(SUPPLIED RECORDS Opens)

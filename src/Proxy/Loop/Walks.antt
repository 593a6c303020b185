-- ===== src/Proxy/Loop/Walks.antt =====
-- When a round walks the accessibility tree.
use noctalia_appmenu.Prelude.{
  ◌≡◌, refl, ◌≢◌, Bool, true, false, Option, none, some, arith, Text, ap, ◌∙◌, Duration,
  if◌then◌else◌,
}
use noctalia_appmenu.Menu.Tree.{MenuItem}
use noctalia_appmenu.Config.{Config}
use noctalia_appmenu.Desktop.Resolve.{System}
use noctalia_appmenu.Atspi.Skip.{should_skip}
use noctalia_appmenu.Atspi.Cache.{get, put}
use noctalia_appmenu.Proxy.Write.{Payload}
use noctalia_appmenu.Proxy.Loop.{
  Bridge, Round, Walk, walked, eager_write, publish_props, resolve_menu, after_walk, final_write,
  round, eager_choice, final_choice, focus_title,
}

module _ (cfg : Config) (sys : System) (to_string : Payload → Text) where
  resolve_menu-cached :
      (r : Round) (s : Bridge) (cached : Option MenuItem) (other : Option Text → Walk)
      → get s.menus r.cache_at r.snapshot.app_id r.snapshot.focus_pid r.snapshot.focus_winid
        ≡ some cached
      → resolve_menu cfg sys to_string r s
        ≡ resolve_menu cfg sys to_string (record r { walk = other }) s
  unfolding resolve_menu
  resolve_menu-cached r s cached other e = rw e refl

  finish : Round → Bridge → Bridge × Option MenuItem → Bridge × Bool
  finish r published found =
      if r.signals_sent
      then (final_write cfg sys to_string r found.0 found.1, true)
      else (published, false)

  finish-sent :
      (r : Round) (published : Bridge) (found : Bridge × Option MenuItem)
      → r.signals_sent ≡ true
      → (finish r published found).0 ≡ final_write cfg sys to_string r found.0 found.1
  unfolding finish
  finish-sent r published found sent = ground arith

  -- What a walk would return has a part in a round only through the menu that it resolves.
  pub round-resolve_menu :
      (r : Round) (s : Bridge) (other : Option Text → Walk)
      → resolve_menu cfg sys to_string r
          (publish_props cfg sys to_string r (eager_write cfg sys to_string r s))
        ≡ resolve_menu cfg sys to_string
            (record r { walk = other })
            (publish_props cfg sys to_string r (eager_write cfg sys to_string r s))
      → round cfg sys to_string r s ≡ round cfg sys to_string (record r { walk = other }) s
  unfolding round eager_write publish_props final_write eager_choice final_choice finish
  round-resolve_menu r s other same =
      let published = publish_props cfg sys to_string r (eager_write cfg sys to_string r s) in
      ap (λ found. finish r published found) same

  -- While the walk of the focused window is cached, a round does not look at the accessibility
  -- tree: its result is the same whatever a walk would return. That holds for a `RefreshActive`
  -- too.
  pub round-cached :
      (r : Round) (s : Bridge) (cached : Option MenuItem) (other : Option Text → Walk)
      → get s.menus r.cache_at r.snapshot.app_id r.snapshot.focus_pid r.snapshot.focus_winid
        ≡ some cached
      → round cfg sys to_string r s ≡ round cfg sys to_string (record r { walk = other }) s
  unfolding eager_write publish_props
  round-cached r s cached other e = round-resolve_menu r s other (
      resolve_menu-cached r (publish_props cfg sys to_string r (eager_write cfg sys to_string r s))
        cached other e)

  -- The round finds the tree unskipped and uncached, and its walk returns `menu`.
  abbrev pub Walks : Round → Bridge → Option MenuItem → Duration → Type 0
  Walks r s menu took =
      (r.snapshot.focus_pid ≢ 0)
      × (should_skip s.learned r.skip_at r.snapshot.app_id ≡ false)
      × (get s.menus r.cache_at r.snapshot.app_id r.snapshot.focus_pid r.snapshot.focus_winid
          ≡ none)
      × (r.walk (focus_title cfg sys to_string r.snapshot) ≡ walked menu took)

  resolve_menu-Walks :
      (r : Round) (s : Bridge) (menu : Option MenuItem) (took : Duration)
      → Walks r s menu took
      → resolve_menu cfg sys to_string r s ≡ after_walk cfg sys to_string r s (walked menu took)
  unfolding resolve_menu
  resolve_menu-Walks r s menu took (p, q, e, w) = ground arith

  pub round-Walks :
      (r : Round) (s : Bridge) (menu : Option MenuItem) (took : Duration)
      → r.signals_sent ≡ true
      → Walks r s menu took
      → (round cfg sys to_string r s).0
        ≡ final_write cfg sys to_string r
            (after_walk cfg sys to_string r
              (publish_props cfg sys to_string r (eager_write cfg sys to_string r s))
              (walked menu took)).0
            menu
  unfolding round eager_write publish_props final_write eager_choice final_choice finish after_walk
  round-Walks r s menu took sent h =
      let published = publish_props cfg sys to_string r (eager_write cfg sys to_string r s) in
      ap (λ found. (finish r published found).0) (resolve_menu-Walks r published menu took h)
      ∙ finish-sent r published (after_walk cfg sys to_string r published (walked menu took)) sent

  stored :
      (r : Round) (s : Bridge) (menu : Option MenuItem) (took : Duration)
      → (final_write cfg sys to_string r
          (after_walk cfg sys to_string r
            (publish_props cfg sys to_string r (eager_write cfg sys to_string r s))
            (walked menu took)).0
          menu).menus
        ≡ put s.menus r.learned_at r.snapshot.app_id r.snapshot.focus_pid r.snapshot.focus_winid
            menu
  unfolding final_write after_walk publish_props eager_write
  stored r s menu took = refl

  -- What a round that walks leaves in the menu cache.
  pub round-stored :
      (r : Round) (s : Bridge) (menu : Option MenuItem) (took : Duration)
      → r.signals_sent ≡ true
      → Walks r s menu took
      → (round cfg sys to_string r s).0.menus
        ≡ put s.menus r.learned_at r.snapshot.app_id r.snapshot.focus_pid r.snapshot.focus_winid
            menu
  round-stored r s menu took sent h =
      ap (λ b. b.menus) (round-Walks r s menu took sent h) ∙ stored r s menu took
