-- ===== src/Proxy/Loop/Resting.antt =====
-- The verdict that lets an application rest, and what leaves it as it is: the statics of
-- `learned_skip` in bridge/src/atspi.rs.
use noctalia_appmenu.Prelude.{
  ◌+◌, ◌<◌, ◌≡◌, ◌⊎◌, inl, inr, true, false, Bool, some, arith, Text, text_eq, Instant, Duration,
}
use noctalia_appmenu.Prelude.Str.Laws.{text_eq_refl}
use noctalia_appmenu.Atspi.Skip.{
  Verdict, clear_expensive, Learned, resolved_once, ttl_for, classify_expensive, should_skip,
  record_negative, forget,
}
use noctalia_appmenu.Atspi.Skip.Laws.{should_skip-clear_expensive}
use noctalia_appmenu.Proxy.Loop.{Bridge, after_restart}

-- The application's verdict is a cheap one, which no restart of the a11y bus clears.
abbrev pub IsCheap : Text → Learned → Type 0
IsCheap app_id s = (v : Verdict) × (s.skip.value app_id ≡ some v) × (v.expensive ≡ false)

-- The application is skipped until the instant, its verdict can be read, and it is a cheap one,
-- unless the bus is said to stay.
abbrev pub RestsUntil : Bool → Instant → Text → Learned → Type 0
RestsUntil stays end app_id s =
    (s.skip.poisoned ≡ false)
    × ((now : Instant) → now < end → should_skip s now app_id ≡ true)
    × ((stays ≡ true) ⊎ IsCheap app_id s)

record_negative-IsCheap :
    (t : Instant) (a b : Text) (took : Duration) (s : Learned)
    → s.skip.poisoned ≡ false
    → text_eq b a ≡ false
    → IsCheap a s
    → IsCheap a (record_negative s t b took)
unfolding record_negative
record_negative-IsCheap t a b took s p other (v, e, cheap) = (v, ground (arith, p, other, e), cheap)

forget-IsCheap :
    (a b : Text) (s : Learned)
    → s.skip.poisoned ≡ false
    → text_eq b a ≡ false
    → IsCheap a s
    → IsCheap a (forget s b)
unfolding forget
forget-IsCheap a b s p other (v, e, cheap) = (v, ground (arith, p, other, e), cheap)

clear_expensive-IsCheap :
    (a : Text) (s : Learned) → s.skip.poisoned ≡ false → IsCheap a s → IsCheap a (clear_expensive s)
unfolding clear_expensive
clear_expensive-IsCheap a s p (v, e, cheap) = (v, ground (arith, p, e, cheap), cheap)

or_IsCheap :
    (stays : Bool) (a : Text) (s t : Learned)
    → (IsCheap a s → IsCheap a t)
    → (stays ≡ true) ⊎ IsCheap a s
    → (stays ≡ true) ⊎ IsCheap a t
or_IsCheap stays a s t f (inl h) = inl h
or_IsCheap stays a s t f (inr c) = inr (f c)

-- What is learned of another application does not matter.
pub record_negative-RestsUntil :
    (stays : Bool) (end t : Instant) (a b : Text) (took : Duration) (s : Learned)
    → text_eq b a ≡ false
    → RestsUntil stays end a s
    → RestsUntil stays end a (record_negative s t b took)
unfolding record_negative should_skip
record_negative-RestsUntil stays end t a b took s other (p, h, c) = (
  ground (arith, p),
  λ now soon. ground (arith, p, h now soon, other),
  or_IsCheap stays a s (record_negative s t b took) (record_negative-IsCheap t a b took s p other)
      c,
)

pub forget-RestsUntil :
    (stays : Bool) (end : Instant) (a b : Text) (s : Learned)
    → text_eq b a ≡ false
    → RestsUntil stays end a s
    → RestsUntil stays end a (forget s b)
unfolding forget should_skip
forget-RestsUntil stays end a b s other (p, h, c) = (
  ground (arith, p),
  λ now soon. ground (arith, p, h now soon, other),
  or_IsCheap stays a s (forget s b) (forget-IsCheap a b s p other) c,
)

clear_expensive-unpoisoned :
    (s : Learned) → s.skip.poisoned ≡ false → (clear_expensive s).skip.poisoned ≡ false
unfolding clear_expensive
clear_expensive-unpoisoned s p = ground (arith, p)

-- A restart of the bus clears expensive verdicts alone.
clear_expensive-RestsUntil :
    (stays : Bool) (end : Instant) (a : Text) (s : Learned)
    → stays ≡ false
    → RestsUntil stays end a s
    → RestsUntil stays end a (clear_expensive s)
clear_expensive-RestsUntil stays end a s goes (p, h, inl stay) = absurd (cc)
clear_expensive-RestsUntil stays end a s goes (p, h, inr cheap) = (
  clear_expensive-unpoisoned s p,
  λ now soon. (should_skip-clear_expensive s now a p).1 (h now soon, cheap),
  inr (clear_expensive-IsCheap a s p cheap),
)

pub after_restart-RestsUntil :
    (stays : Bool) (end : Instant) (a : Text) (restarted : Bool) (s : Bridge)
    → (stays ≡ false) ⊎ (restarted ≡ false)
    → RestsUntil stays end a s.learned
    → RestsUntil stays end a (after_restart restarted s).learned
unfolding after_restart
after_restart-RestsUntil stays end a false s k h = h
after_restart-RestsUntil stays end a true s (inl goes) h =
    clear_expensive-RestsUntil stays end a s.learned goes h
after_restart-RestsUntil stays end a true s (inr e) h = absurd (cc)

-- After a walk with no menubar the application rests for the time of its class.
pub record_negative-RestsUntil_self :
    (stays : Bool) (t : Instant) (a : Text) (took : Duration) (s : Learned)
    → s.skip.poisoned ≡ false
    → (stays ≡ true) ⊎ (classify_expensive took ≡ false)
    → RestsUntil stays
        (t + ttl_for (classify_expensive took) (resolved_once s a))
        a
        (record_negative s t a took)
unfolding record_negative should_skip
record_negative-RestsUntil_self stays t a took s p c = (
  ground (arith, p),
  λ now soon. ground (arith, p, text_eq_refl a),
  elim c [
    | inl h ↦ inl h
    | inr cheap ↦ inr (
      record { learned_at = t; expensive = classify_expensive took },
      ground (arith, p, text_eq_refl a),
      cheap,
    )
  ],
)
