-- ===== src/Proxy/Loop/Rests.antt =====
-- An application that was walked in vain is left alone.
use noctalia_appmenu.Prelude.{
  ◌+◌, ◌<◌, ◌==◌, ◌≡◌, refl, sym, ap, ◌∙◌, ◌⊎◌, inl, inr, true, false, Bool, List, [], ◌∷◌, map,
  Option, none, some, arith, All, if◌then◌else◌, Bool-cases, Option-cases, Text, text_eq, Instant,
  Duration,
}
use noctalia_appmenu.Prelude.Str.Laws.{text_eq_iff}
use noctalia_appmenu.Menu.Tree.{MenuItem}
use noctalia_appmenu.Config.{Config}
use noctalia_appmenu.Desktop.Resolve.{System}
use noctalia_appmenu.Atspi.Skip.{resolved_once, ttl_for, classify_expensive, should_skip}
use noctalia_appmenu.Atspi.Cache.{get}
use noctalia_appmenu.Proxy.Write.{Payload}
use noctalia_appmenu.Proxy.Loop.{
  Bridge, Round, Walk, walked, walk_failed, eager_write, publish_props, resolve_menu, after_walk,
  final_write, round, after_restart, run_loop, focus_title,
}
use noctalia_appmenu.Proxy.Loop.Walks.{Walks, round-Walks, round-resolve_menu}
use noctalia_appmenu.Proxy.Loop.Resting.{
  RestsUntil, record_negative-RestsUntil, forget-RestsUntil, after_restart-RestsUntil,
  record_negative-RestsUntil_self,
}

module _ (cfg : Config) (sys : System) (to_string : Payload → Text) where
  -- The round, with a walk that fails if its window is one of the application.
  abbrev pub blind : Text → Round → Round
  blind a r = if text_eq a r.snapshot.app_id then record r { walk = λ _. walk_failed } else r

  blind-restarted : (a : Text) (r : Round) → (blind a r).restarted ≡ r.restarted
  blind-restarted a r = elim (Bool-cases (text_eq a r.snapshot.app_id)) [
    | inl h ↦ rw h refl
    | inr h ↦ rw h refl
  ]

  after_walk-RestsUntil :
      (stays : Bool) (end : Instant) (a : Text) (r : Round) (s : Bridge) (w : Walk)
      → text_eq r.snapshot.app_id a ≡ false
      → RestsUntil stays end a s.learned
      → RestsUntil stays end a (after_walk cfg sys to_string r s w).0.learned
  unfolding after_walk
  after_walk-RestsUntil stays end a r s walk_failed other h = h
  after_walk-RestsUntil stays end a r s (walked (some m) took) other h =
      forget-RestsUntil stays end a r.snapshot.app_id s.learned other h
  after_walk-RestsUntil stays end a r s (walked none took) other h =
      record_negative-RestsUntil stays end r.learned_at a r.snapshot.app_id took s.learned other h

  resolve_menu-skipped :
      (r : Round) (s : Bridge)
      → should_skip s.learned r.skip_at r.snapshot.app_id ≡ true
      → resolve_menu cfg sys to_string r s ≡ (s, none)
  unfolding resolve_menu
  resolve_menu-skipped r s h = ground (arith, h)

  -- A round resolves the menu without a walk, and then remembers nothing, or with one.
  pub resolve_menu-cases :
      (r : Round) (s : Bridge)
      → ((found : Option MenuItem) × (resolve_menu cfg sys to_string r s ≡ (s, found)))
        ⊎ (resolve_menu cfg sys to_string r s
            ≡ after_walk cfg sys to_string r s (r.walk (focus_title cfg sys to_string r.snapshot)))
  unfolding resolve_menu
  resolve_menu-cases r s = elim (Bool-cases (r.snapshot.focus_pid == 0)) [
    | inl p ↦ inl (none, ground arith)
    | inr p ↦ elim (Bool-cases (should_skip s.learned r.skip_at r.snapshot.app_id)) [
      | inl k ↦ inl (none, ground arith)
      | inr k ↦
          elim (Option-cases (
            get s.menus r.cache_at r.snapshot.app_id r.snapshot.focus_pid r.snapshot.focus_winid)) [
              | inl e ↦ inr (ground arith)
              | inr (cached, e) ↦ inl (cached, ground arith)
            ]
    ]
  ]

  resolve_menu-RestsUntil :
      (stays : Bool) (end : Instant) (a : Text) (r : Round) (s : Bridge)
      → r.skip_at < end
      → RestsUntil stays end a s.learned
      → RestsUntil stays end a (resolve_menu cfg sys to_string r s).0.learned
  resolve_menu-RestsUntil stays end a r s soon h = elim (Bool-cases (text_eq r.snapshot.app_id a)) [
    | inl e ↦
        let same : r.snapshot.app_id ≡ a = (text_eq_iff r.snapshot.app_id a).0 e in
        rw (resolve_menu-skipped r s (rw same (h.1 r.skip_at soon))) h
    | inr e ↦ elim (resolve_menu-cases r s) [
      | inl (found, same) ↦ rw same h
      | inr same ↦ rw same (
          after_walk-RestsUntil stays end a r s (r.walk (focus_title cfg sys to_string r.snapshot))
            e h)
    ]
  ]

  round-learned :
      (r : Round) (s : Bridge)
      → ((round cfg sys to_string r s).0.learned ≡ s.learned)
        ⊎ ((round cfg sys to_string r s).0.learned
            ≡ (resolve_menu cfg sys to_string r
                (publish_props cfg sys to_string r (eager_write cfg sys to_string r s))).0.learned)
  unfolding round publish_props eager_write final_write
  round-learned r s = elim (Bool-cases r.signals_sent) [
    | inl sent ↦ inr (ground arith)
    | inr lost ↦ inl (ground arith)
  ]

  round-RestsUntil :
      (stays : Bool) (end : Instant) (a : Text) (r : Round) (s : Bridge)
      → r.skip_at < end
      → RestsUntil stays end a s.learned
      → RestsUntil stays end a (round cfg sys to_string r s).0.learned
  unfolding publish_props eager_write
  round-RestsUntil stays end a r s soon h = elim (round-learned r s) [
    | inl same ↦ rw same h
    | inr same ↦ rw same (
        resolve_menu-RestsUntil stays end a r
          (publish_props cfg sys to_string r (eager_write cfg sys to_string r s)) soon h)
  ]

  round-blind :
      (stays : Bool) (end : Instant) (a : Text) (r : Round) (s : Bridge)
      → r.skip_at < end
      → RestsUntil stays end a s.learned
      → round cfg sys to_string r s ≡ round cfg sys to_string (blind a r) s
  unfolding publish_props eager_write
  round-blind stays end a r s soon h = elim (Bool-cases (text_eq a r.snapshot.app_id)) [
    | inl e ↦
        let same : a ≡ r.snapshot.app_id = (text_eq_iff a r.snapshot.app_id).0 e in
        let skips : should_skip s.learned r.skip_at r.snapshot.app_id ≡ true =
          rw (← same) (h.1 r.skip_at soon) in
        let published = publish_props cfg sys to_string r (eager_write cfg sys to_string r s) in
        rw e (
          round-resolve_menu cfg sys to_string r s (λ _. walk_failed)
            (resolve_menu-skipped r published skips
              ∙ sym (resolve_menu-skipped (record r { walk = λ _. walk_failed }) published skips)))
    | inr e ↦ rw e refl
  ]

  -- The round comes before the end, and finds the bus as it was where that is needed.
  abbrev IsSoon : Bool → Instant → Round → Type 0
  IsSoon stays end r = (r.skip_at < end) × ((stays ≡ false) ⊎ (r.restarted ≡ false))

  run_loop-blind :
      (stays : Bool) (end : Instant) (a : Text) (rs : List Round) (s : Bridge)
      → All (IsSoon stays end) rs
      → RestsUntil stays end a s.learned
      → run_loop cfg sys to_string s rs ≡ run_loop cfg sys to_string s (map (blind a) rs)
  unfolding run_loop
  run_loop-blind stays end a [] s soon h = refl
  run_loop-blind stays end a (r ∷ rs) s ((soon, bus), later) h =
      let before = after_restart r.restarted s in
      let rests = after_restart-RestsUntil stays end a r.restarted s bus h in
      let goes_on = (round cfg sys to_string r before).1 in
      ap (λ rest. (round cfg sys to_string r before).0 ∷ (if goes_on then rest else []))
        (run_loop-blind stays end a rs (round cfg sys to_string r before).0 later
          (round-RestsUntil stays end a r before soon rests))
      ∙ ap (λ x. x.0 ∷ (if x.1 then run_loop cfg sys to_string x.0 (map (blind a) rs) else []))
          (round-blind stays end a r before soon rests)
      ∙ ap
          (λ b.
            let x = round cfg sys to_string (blind a r) (after_restart b s) in
            x.0 ∷ (if x.1 then run_loop cfg sys to_string x.0 (map (blind a) rs) else []))
          (sym (blind-restarted a r))

  round-rests :
      (stays : Bool) (r : Round) (s : Bridge) (took : Duration)
      → r.signals_sent ≡ true
      → Walks cfg sys to_string r s none took
      → s.learned.skip.poisoned ≡ false
      → (stays ≡ true) ⊎ (classify_expensive took ≡ false)
      → RestsUntil stays
          (r.learned_at
            + ttl_for (classify_expensive took) (resolved_once s.learned r.snapshot.app_id))
          r.snapshot.app_id
          (round cfg sys to_string r s).0.learned
  unfolding publish_props eager_write after_walk final_write
  round-rests stays r s took sent walks p c =
      rw (round-Walks cfg sys to_string r s none took sent walks)
        (record_negative-RestsUntil_self stays r.learned_at r.snapshot.app_id took s.learned p c)

  All-IsSoon :
      (stays : Bool) (end : Instant) (rs : List Round)
      → ((r : Round) → (stays ≡ false) ⊎ (r.restarted ≡ false))
      → All (λ r. r.skip_at < end) rs
      → All (IsSoon stays end) rs
  All-IsSoon stays end [] k h = tt
  All-IsSoon stays end (r ∷ rs) k (h, hs) = ((h, k r), All-IsSoon stays end rs k hs)

  All-steady :
      (end : Instant) (rs : List Round)
      → All (λ r. r.restarted ≡ false) rs
      → All (λ r. r.skip_at < end) rs
      → All (IsSoon true end) rs
  All-steady end [] k h = tt
  All-steady end (r ∷ rs) (k, ks) (h, hs) = ((h, inr k), All-steady end rs ks hs)

  -- After a round that walks an application and finds no menubar, the loop does not look at the
  -- tree for that application for the time of its class, 300 s for a cheap walk, and for an
  -- expensive one 30 s or half an hour, whatever other rounds come in between: whatever its walks
  -- would return, the loop goes through the same states as if they all failed. After an expensive
  -- walk this holds while the a11y bus does not restart between the rounds; a cheap one's verdict
  -- outlasts a restart. (The signals are sent, and the lock is not poisoned.)
  pub run_loop-rests :
      (r : Round) (s : Bridge) (took : Duration) (rs : List Round)
      → r.signals_sent ≡ true
      → Walks cfg sys to_string r s none took
      → s.learned.skip.poisoned ≡ false
      → All
          (λ q.
            q.skip_at
            < r.learned_at
              + ttl_for (classify_expensive took) (resolved_once s.learned r.snapshot.app_id))
          rs
      → (classify_expensive took ≡ false) ⊎ All (λ q. q.restarted ≡ false) rs
      → run_loop cfg sys to_string (round cfg sys to_string r s).0 rs
        ≡ run_loop cfg sys to_string
            (round cfg sys to_string r s).0
            (map (blind r.snapshot.app_id) rs)
  run_loop-rests r s took rs sent walks p soon (inl cheap) =
      run_loop-blind false _ r.snapshot.app_id rs (round cfg sys to_string r s).0
        (All-IsSoon false _ rs (λ q. inl refl) soon)
        (round-rests false r s took sent walks p (inr cheap))
  run_loop-rests r s took rs sent walks p soon (inr steady) =
      run_loop-blind true _ r.snapshot.app_id rs (round cfg sys to_string r s).0
        (All-steady _ rs steady soon) (round-rests true r s took sent walks p (inl refl))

(SUPPLIED RECORDS Closes)

EXERCISE INSTRUCTIONS: Once you have checked every line of the material above, return the ones that hold the string "restarted".

COMPLETED EXERCISE:
    (stays : Bool) (end : Instant) (a : Text) (restarted : Bool) (s : Bridge)
    → (stays ≡ false) ⊎ (restarted ≡ false)
    → RestsUntil stays end a (after_restart restarted s).learned
  blind-restarted : (a : Text) (r : Round) → (blind a r).restarted ≡ r.restarted
  blind-restarted a r = elim (Bool-cases (text_eq a r.snapshot.app_id)) [
  IsSoon stays end r = (r.skip_at < end) × ((stays ≡ false) ⊎ (r.restarted ≡ false))
      let before = after_restart r.restarted s in
      let rests = after_restart-RestsUntil stays end a r.restarted s bus h in
          (sym (blind-restarted a r))
      → ((r : Round) → (stays ≡ false) ⊎ (r.restarted ≡ false))
      → All (λ r. r.restarted ≡ false) rs
      → (classify_expensive took ≡ false) ⊎ All (λ q. q.restarted ≡ false) rs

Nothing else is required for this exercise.